Copy word for word, please, the lines of the entries below running from the one containing "(received soh now)" to the one containing "unfolding framed", both ends included.

^^^^

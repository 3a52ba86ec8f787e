-- ===== src/Demo/Tests.antt =====
-- The demo on a concrete platform, network and log.
use httpserver_cpp.Base.{ℕ, ◌≡◌, refl, true, false, [], ◌∷◌, ◌++◌, none, some, Bytes, codes}
use httpserver_cpp.Base.Dict.{put, compare_bytes}
use httpserver_cpp.Base.Result.{ok}
use httpserver_cpp.Statistics.{zero_statistics}
use httpserver_cpp.Request.{http_request, method, body, params, headers}
use httpserver_cpp.Log.{info, Spdlog, Log, set_log_level}
use httpserver_cpp.Platform.Sample.{SampleRequest, SampleResponse, sample, sample_segments}
use httpserver_cpp.Session.{State, http_session, run as run_session, do_read}
use httpserver_cpp.Session.Process.{Moment, process_request, put_all}
use httpserver_cpp.Server.{HttpServerImpl, Network}
use httpserver_cpp.Demo.{
  HelloHandler, hello, hello_body, server_opts, main, digits, decimal, line, lines,
}
use httpserver_cpp.Demo.Replies.{Replies, demo_reply, demo-Replies}

-- A log that keeps its level only.
abbrev level_log : Spdlog
level_log = record {
  Logger = ℕ;
  makes_sink = λ _. true;
  makes_pool = λ q n. true;
  new_logger = λ name sinks. 0;
  async_logger = λ name sinks. 0;
  set_pattern = λ p x. x;
  set_level = λ n x. n;
  get_level = λ x. x;
  log = λ n m x. x;
  output = λ x. [];
}

abbrev new_log : Log ℕ
new_log = record { init_flag = false; pattern_set = false; pool = none; logger = 0 }

abbrev quiet : Network
quiet = record {
  makes_address = λ _. true;
  open_error = none;
  reuse_error = none;
  linger_error = none;
  bind_error = none;
  listen_error = none;
}

abbrev moment : Moment
moment = record { garbage = 77; now = 5 }

abbrev post : SampleRequest
post = record {
  verb = 4;
  target = codes "/hello/world";
  fields = (codes "b", codes "1") ∷ (codes "a", codes "2") ∷ [];
  accept_encoding = [];
  alive = true;
  body = codes "hi";
}

abbrev asked : State SampleRequest SampleResponse
unfolding http_session run_session do_read
asked =
    let s = run_session sample server_opts (http_session sample 1 post zero_statistics) in
    record s { session = record (s.session) { pending = [] } }

demo-Replies_example :
    (t : HttpServerImpl HelloHandler) × (main level_log sample_segments 0 quiet new_log
      ≡ (set_log_level level_log info new_log, ok (record { server_impl = some t }, none)))
    × (t.is_open ≡ true)
    × (s : State SampleRequest SampleResponse) × (process_request sample hello t.opts t.router
          moment asked
        ≡ ok s)
    × Replies sample (demo_reply sample moment asked.session) asked s
unfolding sample_segments
demo-Replies_example =
    demo-Replies sample level_log 0 quiet new_log moment asked refl
      (record { makes = refl; opens = refl; quiet = refl })

abbrev newline : Bytes
newline = b'\n' ∷ []

-- The headers are told in the order of their names.
hello_text :
    hello_body (record (http_request 77 1 1) {
      method = 4;
      headers = put_all ((codes "b", codes "1") ∷ (codes "a", codes "2") ∷ []) [];
      body = codes "hi";
    })
    ≡ codes "receive method: 4"
      ++ newline
      ++ codes "receive body: hi"
      ++ newline
      ++ codes "receive header: a:2"
      ++ newline
      ++ codes "receive header: b:1"
      ++ newline
unfolding hello_body method body params headers digits decimal line lines http_request put_all put
    compare_bytes
hello_text = refl
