-- ===== src/Actisense/Ebl/Framing.antt =====
-- actisense/eblreader.go: one framed message through the reader.
use go_nmea_client.Common.{
  ℕ, suc, ◌+◌, ◌≤◌, ◌<◌, ◌≡◌, ◌≢◌, refl, ap, ◌∙◌, inl, inr, List, [], ◌∷◌, ◌++◌, map, arith, ◌==◌,
  ==→eq, if◌then◌else◌, Bool-cases, length, set, overwrite_from,
}
use mathlib.Core.List.{map-append, append_assoc}
use native.Mathlib.Nat.{add-zero, zero-add}
use native.Mathlib.Numerals.{add-one}
use mathlib.Core.Path.{ap₂}
use go_nmea_client.Actisense.{Event, received, processing_escape_sequence, Config}
use go_nmea_client.Actisense.Binary.{Reader, Step, more, finished, store, conclude}
use go_nmea_client.Actisense.Binary.Framing.{
  events, waiting, reading, last_or, overwrite_from-set, overwrite_from-nil, length-set,
}
use go_nmea_client.Actisense.Ebl.{
  soh, nl, esc, dispatch_bst, handle_ebl, read_ebl_byte, read_ebl_event, read_ebl_message,
}

-- Each ESC of a message is doubled.
unfoldable pub escape : List ℕ → List ℕ
escape [] = []
escape (b ∷ bytes) = let rest = escape bytes in if b == esc then esc ∷ esc ∷ rest else b ∷ rest

-- A message between its start and its end marks.
unfoldable pub framed : List ℕ → List ℕ
unfolding escape
framed raw = esc ∷ soh ∷ (escape raw ++ (esc ∷ nl ∷ []))

abbrev pub ended : List ℕ → ℕ → ℕ → Reader
ended buffer n now = record {
  state = processing_escape_sequence;
  message = buffer;
  index = n;
  current = nl;
  last_read = now;
}

split_escape : (b : ℕ) (raw : List ℕ) → escape (b ∷ raw) ≡ escape (b ∷ []) ++ escape raw
unfolding escape
split_escape b raw = ground arith

module _ (config : Config) (now : ℕ) where
  split :
      (b : ℕ) (raw : List ℕ) (later : List Event)
      → events now (escape (b ∷ raw)) ++ later
        ≡ events now (escape (b ∷ [])) ++ (events now (escape raw) ++ later)
  split b raw later = rw (split_escape b raw, map-append, append_assoc) refl

  pub read_cons :
      (r r' : Reader) (e : Event) (later : List Event)
      → read_ebl_event config r e ≡ more r'
      → read_ebl_message config r (e ∷ later) ≡ read_ebl_message config r' later
  unfolding read_ebl_message
  read_cons r r' e later h = rw (h, read_ebl_message) refl

  pub read_last :
      (r : Reader) (e : Event) → read_ebl_message config r (e ∷ []) ≡ read_ebl_event config r e
  unfolding read_ebl_message
  read_last r e = go (read_ebl_event config r e)
    where
      go : (s : Step) → (elim s [ more r' ↦ more r' | finished result ↦ finished result ]) ≡ s
      go (more r') = refl
      go (finished result) = refl

  pub plain_byte :
      (buffer : List ℕ) (n current last b : ℕ)
      → n < length buffer
      → b ≢ esc
      → read_ebl_event config (reading buffer n current last) (received b now)
        ≡ more (reading (set buffer n b) (n + 1) b now)
  unfolding read_ebl_event read_ebl_byte handle_ebl store
  plain_byte buffer n current last b h ne = ground arith

  pub escaped_esc :
      (buffer : List ℕ) (n last : ℕ)
      → n < length buffer
      → read_ebl_event config
          (record {
            state = processing_escape_sequence;
            message = buffer;
            index = n;
            current = esc;
            last_read = last;
          })
          (received esc now)
        ≡ more (reading (set buffer n esc) (n + 1) esc now)
  unfolding read_ebl_event read_ebl_byte handle_ebl store
  escaped_esc buffer n last h = ground arith

  pub first_esc :
      (buffer : List ℕ) (n current last : ℕ)
      → read_ebl_event config (reading buffer n current last) (received esc now)
        ≡ more (record {
          state = processing_escape_sequence;
          message = buffer;
          index = n;
          current = esc;
          last_read = now;
        })
  unfolding read_ebl_event read_ebl_byte handle_ebl
  first_esc buffer n current last = refl

  -- A byte of the message goes to the buffer; an ESC comes twice.
  read_data :
      (buffer : List ℕ) (n current last b : ℕ) (later : List Event)
      → n < length buffer
      → read_ebl_message config
          (reading buffer n current last)
          (events now (escape (b ∷ [])) ++ later)
        ≡ read_ebl_message config (reading (set buffer n b) (n + 1) b now) later
  unfolding escape
  read_data buffer n current last b later h = elim (Bool-cases (b == esc)) [
    | inl marked ↦ rw (==→eq b esc marked) (
        read_cons _ _ _ _ (first_esc buffer n current last)
        ∙ read_cons _ _ _ _ (escaped_esc buffer n now h))
    | inr plain ↦ rw plain (read_cons _ _ _ _ (plain_byte buffer n current last b h (ground arith)))
  ]

  same_end :
      (b : ℕ) (raw buffer : List ℕ) (n last : ℕ)
      → reading
          (overwrite_from (n + 1) (set buffer n b) raw)
          (n + 1 + length raw)
          (last_or b raw)
          (last_or now (map (λ _. now) raw))
        ≡ reading
            (overwrite_from n buffer (b ∷ raw))
            (n + suc (length raw))
            (last_or b raw)
            (last_or now (map (λ _. now) raw))
  same_end b raw buffer n last =
      ap₂ (λ t k. reading t k (last_or b raw) (last_or now (map (λ _. now) raw)))
        (ap (λ k. overwrite_from k (set buffer n b) raw) (add-one n)
          ∙ overwrite_from-set n buffer b raw)
        (omega arith)

  pub read_escaped :
      (raw : List ℕ) (buffer : List ℕ) (n current last : ℕ) (later : List Event)
      → n + length raw ≤ length buffer
      → read_ebl_message config (reading buffer n current last) (events now (escape raw) ++ later)
        ≡ read_ebl_message config
            (reading
              (overwrite_from n buffer raw)
              (n + length raw)
              (last_or current raw)
              (last_or last (map (λ _. now) raw)))
            later
  unfolding escape
  read_escaped [] buffer n current last later h = rw (overwrite_from-nil n buffer, add-zero n) refl
  read_escaped (b ∷ raw) buffer n current last later h =
      ap (λ t. read_ebl_message config (reading buffer n current last) t) (split b raw later)
      ∙ read_data buffer n current last b (events now (escape raw) ++ later) (omega arith)
      ∙ read_escaped raw (set buffer n b) (n + 1) b now later (omega (arith, length-set buffer n b))
      ∙ ap (λ t. read_ebl_message config t later) (same_end b raw buffer n last)

  pub start_esc :
      (buffer : List ℕ) (current last : ℕ)
      → read_ebl_event config (waiting buffer current last) (received esc now)
        ≡ more (waiting buffer esc now)
  unfolding read_ebl_event read_ebl_byte handle_ebl
  start_esc buffer current last = ground arith

  pub start_soh :
      (buffer : List ℕ) (last : ℕ)
      → read_ebl_event config (waiting buffer esc last) (received soh now)
        ≡ more (reading buffer 0 soh now)
  unfolding read_ebl_event read_ebl_byte handle_ebl
  start_soh buffer last = refl

  end_nl :
      (buffer : List ℕ) (n last : ℕ)
      → read_ebl_event config
          (record {
            state = processing_escape_sequence;
            message = buffer;
            index = n;
            current = esc;
            last_read = last;
          })
          (received nl now)
        ≡ conclude (ended buffer n now) (dispatch_bst buffer n now)
  unfolding read_ebl_event read_ebl_byte handle_ebl
  end_nl buffer n last = refl

  -- A framed message that fits the buffer is handed to `dispatch_bst` as it was.
  pub read_framed :
      (raw buffer : List ℕ) (current last : ℕ)
      → length raw ≤ length buffer
      → read_ebl_message config (waiting buffer current last) (events now (framed raw))
        ≡ conclude
            (ended (overwrite_from 0 buffer raw) (length raw) now)
            (dispatch_bst (overwrite_from 0 buffer raw) (length raw) now)
  unfolding framed
  read_framed raw buffer current last h =
      read_cons _ _ _ _ (start_esc buffer current last)
      ∙ read_cons _ _ _ _ (start_soh buffer now)
      ∙ ap (read_ebl_message config (reading buffer 0 soh now))
          (map-append _ (escape raw) (esc ∷ nl ∷ []))
      ∙ read_escaped raw buffer 0 soh now (events now (esc ∷ nl ∷ [])) (omega arith)
      ∙ read_cons _ _ _ _ (first_esc _ _ _ _)
      ∙ read_last _ _
      ∙ end_nl (overwrite_from 0 buffer raw) (0 + length raw) now
      ∙ ap
          (λ n.
            conclude (ended (overwrite_from 0 buffer raw) n now)
              (dispatch_bst (overwrite_from 0 buffer raw) n now))
          (zero-add (length raw))
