-- ===== src/FastPacket/Blocks.antt =====
-- Reads after `copy`: which bytes of the array a frame sets.
use go_nmea_client.Common.{
  ℕ, zero, suc, ◌+◌, ◌-◌, ◌<◌, ◌≤◌, ◌≡◌, refl, sym, ap, ◌∙◌, List, [], ◌∷◌, arith, ltb, leb, ◌&&◌,
  if◌then◌else◌, length, get_or, overwrite, overwrite_from, take,
}

-- `copy` writes below the end of the source.
pub get_or-overwrite :
    (dst src : List ℕ) (i : ℕ)
    → i < length dst
    → get_or (overwrite dst src) i 0
      ≡ (if ltb i (length src) then get_or src i 0 else get_or dst i 0)
get_or-overwrite [] src i h = absurd (omega arith)
get_or-overwrite (d ∷ dst) [] i h = ground arith
get_or-overwrite (d ∷ dst) (s ∷ src) zero h = ground arith
get_or-overwrite (d ∷ dst) (s ∷ src) (suc i) h = ground (arith, get_or-overwrite dst src i)

pub get_or-overwrite_from :
    (n : ℕ) (dst src : List ℕ) (i : ℕ)
    → i < length dst
    → get_or (overwrite_from n dst src) i 0
      ≡ (if leb n i && ltb i (n + length src) then get_or src (i - n) 0 else get_or dst i 0)
get_or-overwrite_from zero dst src i h = ground (arith, get_or-overwrite dst src i)
get_or-overwrite_from (suc n) [] src i h = absurd (omega arith)
get_or-overwrite_from (suc n) (d ∷ dst) src zero h = ground arith
get_or-overwrite_from (suc n) (d ∷ dst) src (suc i) h =
    ground (arith, get_or-overwrite_from n dst src i)

-- `n` bytes of a payload from index `from` on.
unfoldable pub chunk : (ℕ → ℕ) → ℕ → ℕ → List ℕ
chunk payload from zero = []
chunk payload from (suc n) = payload from ∷ chunk payload (suc from) n

shift_index : (from i : ℕ) → suc from + i ≡ from + suc i
shift_index from i = omega arith

pub first_index : (i : ℕ) → 0 + i ≡ i
first_index i = omega arith

index_zero : (from : ℕ) → from + 0 ≡ from
index_zero from = omega arith

pub length-chunk : (payload : ℕ → ℕ) (from n : ℕ) → length (chunk payload from n) ≡ n
unfolding chunk
length-chunk payload from zero = refl
length-chunk payload from (suc n) = ap suc (length-chunk payload (suc from) n)

pub get_or-chunk :
    (payload : ℕ → ℕ) (from n i : ℕ)
    → i < n
    → get_or (chunk payload from n) i 0 ≡ payload (from + i)
unfolding chunk
get_or-chunk payload from zero i h = absurd (omega arith)
get_or-chunk payload from (suc n) zero h = ap payload (omega arith)
get_or-chunk payload from (suc n) (suc i) h =
    ground (arith, get_or-chunk payload (suc from) n i, ap payload (shift_index from i))

-- A list whose bytes are those of the payload begins with a chunk of it.
pub take-chunk :
    (payload : ℕ → ℕ) (from n : ℕ) (bytes : List ℕ)
    → n ≤ length bytes
    → ((i : ℕ) → i < n → get_or bytes i 0 ≡ payload (from + i))
    → take n bytes ≡ chunk payload from n
unfolding chunk
take-chunk payload from zero bytes h eq = refl
take-chunk payload from (suc n) [] h eq = absurd (omega arith)
take-chunk payload from (suc n) (b ∷ bytes) h eq = ground (
  arith,
  eq 0 (omega arith),
  ap payload (index_zero from),
  take-chunk payload (suc from) n bytes (omega arith)
      (λ i l. eq (suc i) (omega arith) ∙ ap payload (sym (shift_index from i))),
)
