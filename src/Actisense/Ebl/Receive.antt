-- ===== src/Actisense/Ebl/Receive.antt =====
-- actisense/eblreader.go from the bytes of a file to messages.
use go_nmea_client.Common.{
  ℕ, ◌+◌, ◌-◌, ◌*◌, ◌/◌, ◌%◌, ◌^◌, ◌≤◌, ◌<◌, ◌≡◌, ◌≢◌, ap, ◌∙◌, List, [], ◌∷◌, arith, ok, panic,
  length,
}
use go_nmea_client.Canbus.{parse_can_id}
use go_nmea_client.Actisense.{Config}
use go_nmea_client.Actisense.Slices.{at-lt, slice-le, slice-tail, fresh-copy}
use go_nmea_client.Actisense.Binary.{finished, conclude}
use go_nmea_client.Actisense.Binary.Framing.{events, waiting}
use go_nmea_client.Actisense.Binary.Receive.{take-overwrite}
use go_nmea_client.FastPacket.Blocks.{get_or-overwrite}
use go_nmea_client.Actisense.Ebl.{from_actisense_bst95_message, dispatch_bst, read_ebl_message}
use go_nmea_client.Actisense.Ebl.Framing.{framed, read_framed}

-- A BST-95 message: its length, two bytes of time, the CAN identifier and the data.
unfoldable pub bst95_message : ℕ → ℕ → ℕ → List ℕ → List ℕ
bst95_message t0 t1 id bytes =
    (length bytes + 6)
    ∷ t0
    ∷ t1
    ∷ id % 256
    ∷ id / 256 % 256
    ∷ id / 65536 % 256
    ∷ id / 16777216
    ∷ bytes

length-bst95_message :
    (t0 t1 id : ℕ) (bytes : List ℕ) → length (bst95_message t0 t1 id bytes) ≡ length bytes + 7
unfolding bst95_message
length-bst95_message t0 t1 id bytes = omega arith

-- The BST-95 parser never panics.
pub from_actisense_bst95_message_returns :
    (raw : List ℕ) (now : ℕ) → from_actisense_bst95_message raw now ≢ panic
unfolding from_actisense_bst95_message
from_actisense_bst95_message_returns raw now e = ground (
  arith,
  at-lt raw 0,
  at-lt raw 3,
  at-lt raw 4,
  at-lt raw 5,
  at-lt raw 6,
  slice-le raw 7 (length raw),
)

-- It reads the header from the identifier, and the data back.
pub from_actisense_bst95_message-bst95_message :
    (now t0 t1 id : ℕ) (bytes : List ℕ)
    → id < 2 ^ 32
    → 1 ≤ length bytes
    → from_actisense_bst95_message (bst95_message t0 t1 id bytes) now
      ≡ ok (record { time = now; header = parse_can_id id; bytes = bytes })
unfolding from_actisense_bst95_message bst95_message
from_actisense_bst95_message-bst95_message now t0 t1 id bytes id_fits some_data =
    let raw = bst95_message t0 t1 id bytes in
    let front =
      (length bytes + 6)
      ∷ t0
      ∷ t1
      ∷ id % 256
      ∷ id / 256 % 256
      ∷ id / 65536 % 256
      ∷ id / 16777216
      ∷ [] in
    ground (
      arith,
      at-lt raw 0,
      at-lt raw 3,
      at-lt raw 4,
      at-lt raw 5,
      at-lt raw 6,
      slice-tail front bytes 7 (length raw),
      fresh-copy (length raw - 7) bytes,
      ap parse_can_id (rebuilt id id_fits),
    )
  where
    rebuilt :
        (id : ℕ)
        → id < 2 ^ 32
        → (id % 256
              + id / 256 % 256 * 2 ^ 8 % 2 ^ 32
              + id / 65536 % 256 * 2 ^ 16 % 2 ^ 32
              + id / 16777216 * 2 ^ 24 % 2 ^ 32)
            % 2 ^ 32
          ≡ id
    rebuilt id h = omega arith

module _ (config : Config) (now : ℕ) (buffer : List ℕ) (current last : ℕ) where
  -- A BST-95 message with at least one data byte, behind the two bytes of its type, escaped and
  -- framed, is read as the message it carries where it fits the buffer.
  pub read_bst95 :
      (t0 t1 id : ℕ) (bytes : List ℕ)
      → id < 2 ^ 32
      → 1 ≤ length bytes
      → length (0x07 ∷ 0x95 ∷ bst95_message t0 t1 id bytes) ≤ length buffer
      → read_ebl_message config
          (waiting buffer current last)
          (events now (framed (0x07 ∷ 0x95 ∷ bst95_message t0 t1 id bytes)))
        ≡ finished (ok (record { time = now; header = parse_can_id id; bytes = bytes }))
  unfolding dispatch_bst conclude
  read_bst95 t0 t1 id bytes id_fits some_data fits =
      let raw = 0x07 ∷ 0x95 ∷ bst95_message t0 t1 id bytes in
      read_framed config now raw buffer current last fits
      ∙ ground (
        arith,
        length-bst95_message t0 t1 id bytes,
        get_or-overwrite buffer raw 0,
        get_or-overwrite buffer raw 1,
        take-overwrite buffer raw fits,
        from_actisense_bst95_message-bst95_message now t0 t1 id bytes id_fits some_data,
      )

^^^^

EXPECTED ANSWER
      → read_ebl_event config (waiting buffer esc last) (received soh now)
        ≡ more (reading buffer 0 soh now)
  unfolding read_ebl_event read_ebl_byte handle_ebl
  start_soh buffer last = refl

  end_nl :
      (buffer : List ℕ) (n last : ℕ)
      → read_ebl_event config
          (record {
            state = processing_escape_sequence;
            message = buffer;
            index = n;
            current = esc;
            last_read = last;
          })
          (received nl now)
        ≡ conclude (ended buffer n now) (dispatch_bst buffer n now)
  unfolding read_ebl_event read_ebl_byte handle_ebl
  end_nl buffer n last = refl

  -- A framed message that fits the buffer is handed to `dispatch_bst` as it was.
  pub read_framed :
      (raw buffer : List ℕ) (current last : ℕ)
      → length raw ≤ length buffer
      → read_ebl_message config (waiting buffer current last) (events now (framed raw))
        ≡ conclude
            (ended (overwrite_from 0 buffer raw) (length raw) now)
            (dispatch_bst (overwrite_from 0 buffer raw) (length raw) now)
  unfolding framed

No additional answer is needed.